8 Time to detect a wildfire

Table 6 shows the time elapsed from the start of the fire until the first correct detection of smoke. More fine-grained visualization of the predictions are available in Figure 9, which depicts for a set a videos if the predictions are true or false at each frame.

Video Name	Time Elapsed (min)
	YOLOv8	YOLOv8 + CNN-LSTM
20180603_FIRE_sm-w-mobo-c	0	0
20200829_inside-Mexico_mlo-s-mobo-c	2	3
20200822_BrattonFire_lp-e-mobo-c	1	1
20190610_FIRE_bh-w-mobo-c	0	0
20170708_Whittier_syp-n-mobo-c	0	0
20180809_FIRE_mg-w-mobo-c	0	0
20180806_FIRE_mg-s-mobo-c	2	3
20200930_inMexico_lp-s-mobo-c	2	3
20190716_FIRE_bl-s-mobo-c	0	0
20180504_FIRE_smer-tcs8-mobo-c	0	0
20190924_FIRE_sm-n-mobo-c	0	0
20200905_ValleyFire_lp-n-mobo-c	3	1
20200611_skyline_lp-n-mobo-c	1	1
20180726_FIRE_so-w-mobo-c	4	5
20200911_FIRE_mlo-s-mobo-c	5	6
20200705_FIRE_bm-w-mobo-c	0	0
20170520_FIRE_lp-s-iqeye	0	0
20160722_FIRE_mw-e-mobo-c	0	0
20201127_Hawkfire_pi-w-mobo-c	1	2
20200806_SpringsFire_lp-w-mobo-c	0	3
20170625_BBM_bm-n-mobo	0	0
20160711_FIRE_ml-n-mobo-c	5	6
20200601_WILDLAND-DRILLS_om-e-mobo-c	3	4
ADF_1320	0	1
awf_nvseismolab_baldcaX-0119	0	0
awf_nvseismolab_baldcaX00132	0	1
awf_nvseismolab_geyserpeakX-0098	0	0
awf_nvseismolab_lincolnX-0059	0	0
awf_nvseismolab_loop1X-0062	0	0
awf_nvseismolab_mcclellandX-0173	0	0
awf_nvseismolab_noaaX-0180	0	0
awf_nvseismolab_peavineX00056	0	0
awf_nvseismolab_virginiaX00080	0	0
awf_nvseismolab_virginiaX00178	0	3
pyronear_st_peray_1	0	2
pyronear_brison_4	0	0
pyronear_ferion_4	0	0
pyronear_cabanelle_2	0	0
Mean $\pm$ sd	(0.763 $\pm$ 1.44)	(1.184 $\pm$ 1.78)

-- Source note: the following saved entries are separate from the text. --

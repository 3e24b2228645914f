-- ===== src/Base.antt =====
-- Shared names: the library's, passed on, and those of the children (tests on numbers and texts,
-- lists over the native numbers, Python's dict and its signed integers).
mod Tests
mod Lists
pub mod Dict
pub mod Int
pub mod Json
pub mod Python
pub mod Result
pub mod Sets
pub mod Slices
pub mod Sort
pub mod Text
pub mod Unique
pub use Tests.*
pub use Lists.*
pub use Prim.Native.Nat.{ℕ, zero, suc, ◌+◌, ◌-◌, ◌*◌, ◌/◌, ◌%◌, ◌≤◌, ◌<◌, min, max}
pub use Prim.Native.String.{String}
pub use mathlib.Core.Path.{◌≡◌, refl, sym, ap, ◌∙◌}
pub use mathlib.Core.Logic.{◌≢◌, ◌↔◌, ◌⊎◌, inl, inr}
pub use mathlib.Core.Bool.{Bool, true, false, ◌&&◌, ◌||◌, not}
pub use mathlib.Core.Option.{Option, none, some}
pub use mathlib.Core.List.{List, [], ◌∷◌, ◌++◌, map}
pub use native.Mathlib.Omega.{arith}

Table 6: Time elapsed before detecting the fire, using the same videos from FigLib dataset used by [32], using YOLOv8 (one frame) and YOLOv8+CNN-LSTM.

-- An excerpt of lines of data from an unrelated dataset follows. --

-- ===== src/Base/Text.antt =====
-- Python's `str` methods that the program uses.
use Prim.Native.Char.{Char, code}
use Prim.Native.Nat.{ℕ, ◌-◌}
use Prim.Native.String.{String, ◌++◌, count}
use text.Mathlib.Text.{starts_with}
use mathlib.Core.Path.{◌≡◌, refl}
use mathlib.Core.List.{List, [], ◌∷◌}
use mathlib.Core.Bool.{Bool, ◌&&◌, ◌||◌}
use try_ops_try_on_mlops.Base.Tests.{leb, nat_eq, ◌==◌, if◌then◌else◌}

-- `c.isspace()`
abbrev pub is_space : Char → Bool
is_space ch =
    let c = code ch in
    (leb 9 c && leb c 13)
    || (leb 28 c && leb c 32)
    || c == 0x85
    || c == 0xa0
    || c == 0x1680
    || (leb 0x2000 c && leb c 0x200a)
    || c == 0x2028
    || c == 0x2029
    || c == 0x202f
    || c == 0x205f
    || c == 0x3000

module _ (cut : Char → Bool) where
  unfoldable pub lstrip_by : String → String
  lstrip_by String.[] = String.[]
  lstrip_by (String.◌∷◌ c s) = let rest = lstrip_by s in if cut c then rest else String.◌∷◌ c s

  -- a character in front of a text that is stripped at its end
  abbrev pub put : Char → String → String
  put c String.[] = if cut c then String.[] else String.◌∷◌ c String.[]
  put c (String.◌∷◌ d s) = String.◌∷◌ c (String.◌∷◌ d s)

  unfoldable pub rstrip_by : String → String
  rstrip_by String.[] = String.[]
  rstrip_by (String.◌∷◌ c s) = put c (rstrip_by s)

-- `s.strip()`
unfoldable pub strip : String → String
unfolding lstrip_by rstrip_by
strip s = rstrip_by is_space (lstrip_by is_space s)

strip_both : strip "  a b\t " ≡ "a b"
unfolding strip
strip_both = refl

-- `s.replace(old, new)` behind `skip` characters that a match has used up
unfoldable pub replace_from : String → String → ℕ → String → String
replace_from old new skip String.[] = String.[]
replace_from old new skip (String.◌∷◌ c s) =
    let hit : Bool = skip == 0 && starts_with (String.◌∷◌ c s) old in
    let rest = replace_from old new (if hit then count old - 1 else skip - 1) s in
    if hit then new ++ rest else if skip == 0 then String.◌∷◌ c rest else rest

-- `s.replace(old, new)` for an `old` that is not empty
unfoldable pub replace : String → String → String → String
unfolding replace_from
replace s old new = replace_from old new 0 s

replace_all : replace "/root/x: /root" "/root" "$R" ≡ "$R/x: $R"
unfolding replace
replace_all = refl

-- an f-string, as the list of its parts
abbrev pub concat : List String → String
concat [] = String.[]
concat (s ∷ ss) = s ++ concat ss

-- `sep.join(parts)`
abbrev pub join : String → List String → String
join sep [] = String.[]
join sep (s ∷ []) = s
join sep (s ∷ t ∷ ss) = s ++ (sep ++ join sep (t ∷ ss))

abbrev pub characters : String → List String
characters String.[] = []
characters (String.◌∷◌ c s) = String.◌∷◌ c String.[] ∷ characters s

join_three : join ", " ("a" ∷ "b" ∷ "c" ∷ []) ≡ "a, b, c"
join_three = refl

9 Sequential model Methodology

We based the architecture of our sequential model on [20], without the knowledge distillation. The CNN used is a pre-trained Resnet50, followed by an LSTM. The weights of the YOLOv8 are frozen but the detection threshold $\tau_{d}$ is set as a new hyperparameter. The best model was found with $\tau_{d}=10^{-2}$ , and one LSTM layer with a hidden size of 256, and a ResNet50 as image encoder. Figure 10 shows more details on the architecture.

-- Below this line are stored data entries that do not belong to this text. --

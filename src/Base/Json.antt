-- ===== src/Base/Json.antt =====
-- The values that `json.loads` builds and that the program passes on as `Any`. Numbers are
-- integers: the code that reads such a value as a float has its own type of numbers.
use mathlib.Core.Bool.{Bool, true, false, not}
use mathlib.Core.Option.{Option, none, some}
use mathlib.Core.List.{List, [], ◌∷◌, map}
use try_ops_try_on_mlops.Base.Text.{characters}
use Prim.Native.Nat.{zero, suc}
use Prim.Native.String.{String}
use mathlib.Core.Path.{◌≡◌, refl}
use mathlib.Core.Logic.{◌≢◌}
use native.Mathlib.Omega.{arith}
use text.Mathlib.TextEquality.{eq_iff}
use text.Mathlib.TextPositions.{eq_refl}
use try_ops_try_on_mlops.Base.Tests.{string_eq, ◌==◌, if◌then◌else◌}
use try_ops_try_on_mlops.Base.Int.{ℤ, pos, negsuc}

mutual
  pub data Json : Type 0 where
    null : Json
    bool : Bool → Json
    num : ℤ → Json
    str : String → Json
    arr : Items → Json
    obj : Fields → Json

  pub data Items : Type 0 where
    nil : Items
    cons : Json → Items → Items

  pub data Fields : Type 0 where
    end : Fields
    field : String → Json → Fields → Fields

-- `d.get(k)`, with `none` for a missing key
abbrev pub get : String → Fields → Option Json
get k end = none
get k (field j v d) = if j == k then some v else get k d

-- `d.get(k, default)`
abbrev pub get_or : String → Json → Fields → Json
get_or k v d = elim (get k d) [ none ↦ v | some w ↦ w ]

abbrev pub append_field : String → Json → Fields → Fields
append_field k v end = field k v end
append_field k v (field j w d) = field j w (append_field k v d)

-- `d.setdefault(k, v)`
abbrev pub setdefault : String → Json → Fields → Fields
setdefault k v d = elim (get k d) [ none ↦ append_field k v d | some w ↦ d ]

-- `bool(v)`
abbrev pub truthy : Json → Bool
truthy null = false
truthy (bool b) = b
truthy (num (pos zero)) = false
truthy (num (pos (suc n))) = true
truthy (num (negsuc n)) = true
truthy (str s) = not (s == "")
truthy (arr nil) = false
truthy (arr (cons v vs)) = true
truthy (obj end) = false
truthy (obj (field k v d)) = true

-- `a or b` of two values
abbrev pub or_else : Json → Json → Json
or_else a b = if truthy a then a else b

-- `v == s` for a text `s`
abbrev pub is_str : String → Json → Bool
is_str s (str t) = t == s
is_str s _ = false

get-append_field :
    (k j : String) (v : Json) (d : Fields)
    → get j (append_field k v d)
      ≡ elim (get j d) [ none ↦ if k == j then some v else none | some w ↦ some w ]
get-append_field k j v end = refl
get-append_field k j v (field i w d) = ground (arith, get-append_field k j v d)

-- `setdefault` gives a missing key its value, and changes nothing else.
pub get-setdefault_self :
    (k : String) (v : Json) (d : Fields) → get k (setdefault k v d) ≡ some (get_or k v d)
get-setdefault_self k v d = ground (arith, get-append_field k k v d, eq_refl k)

pub get-setdefault_ne :
    (k j : String) (v : Json) (d : Fields) → k ≢ j → get j (setdefault k v d) ≡ get j d
get-setdefault_ne k j v d ne = ground (arith, get-append_field k j v d, eq_iff k j)

-- `v if isinstance(v, dict) else {}`
abbrev pub as_dict : Json → Fields
as_dict (obj d) = d
as_dict _ = end

abbrev pub elements : Items → List Json
elements nil = []
elements (cons v vs) = v ∷ elements vs

abbrev keys : Fields → List Json
keys end = []
keys (field k v d) = str k ∷ keys d

-- what `for item in v` goes through; `none` is the `TypeError` of what is not iterable
abbrev pub iterate : Json → Option (List Json)
iterate (arr vs) = some (elements vs)
iterate (obj d) = some (keys d)
iterate (str s) = some (map str (characters s))
iterate _ = none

For the training of the sequential model, we samples sequences of images in order to get a mix of both positive and negative examples. For this, we selected sequences that were before the beginning of the fire, when the fire had already started, and when the fire was starting (as our goal is EWD). Finally, we also add the sequence of examples that were detected as false positive with the single-frame model, using the same lower confidence threshold used afterward.⁵⁵5As we reduced this threshold to increase the global Recall.

10 New In-house Data

New data will be collected from new countries in order to create the future version of the dataset, as data from this station recently installed in Chile (see Figure 11).

11 Other Datasets

We also reviewed other published datasets in this work, but decided to discard them because of the nature of the images, with a distribution very different [5, 6].

12 SmokeFrames-50k annotations

When looking at the ground truth annotations of SmokeFrames-50k, we realized that there were many frames in which our model detected a wildfire when there was no annotation. This was due to the camera moving to center around the smoke plume, or because the wildfire was annotated with a bit of latency.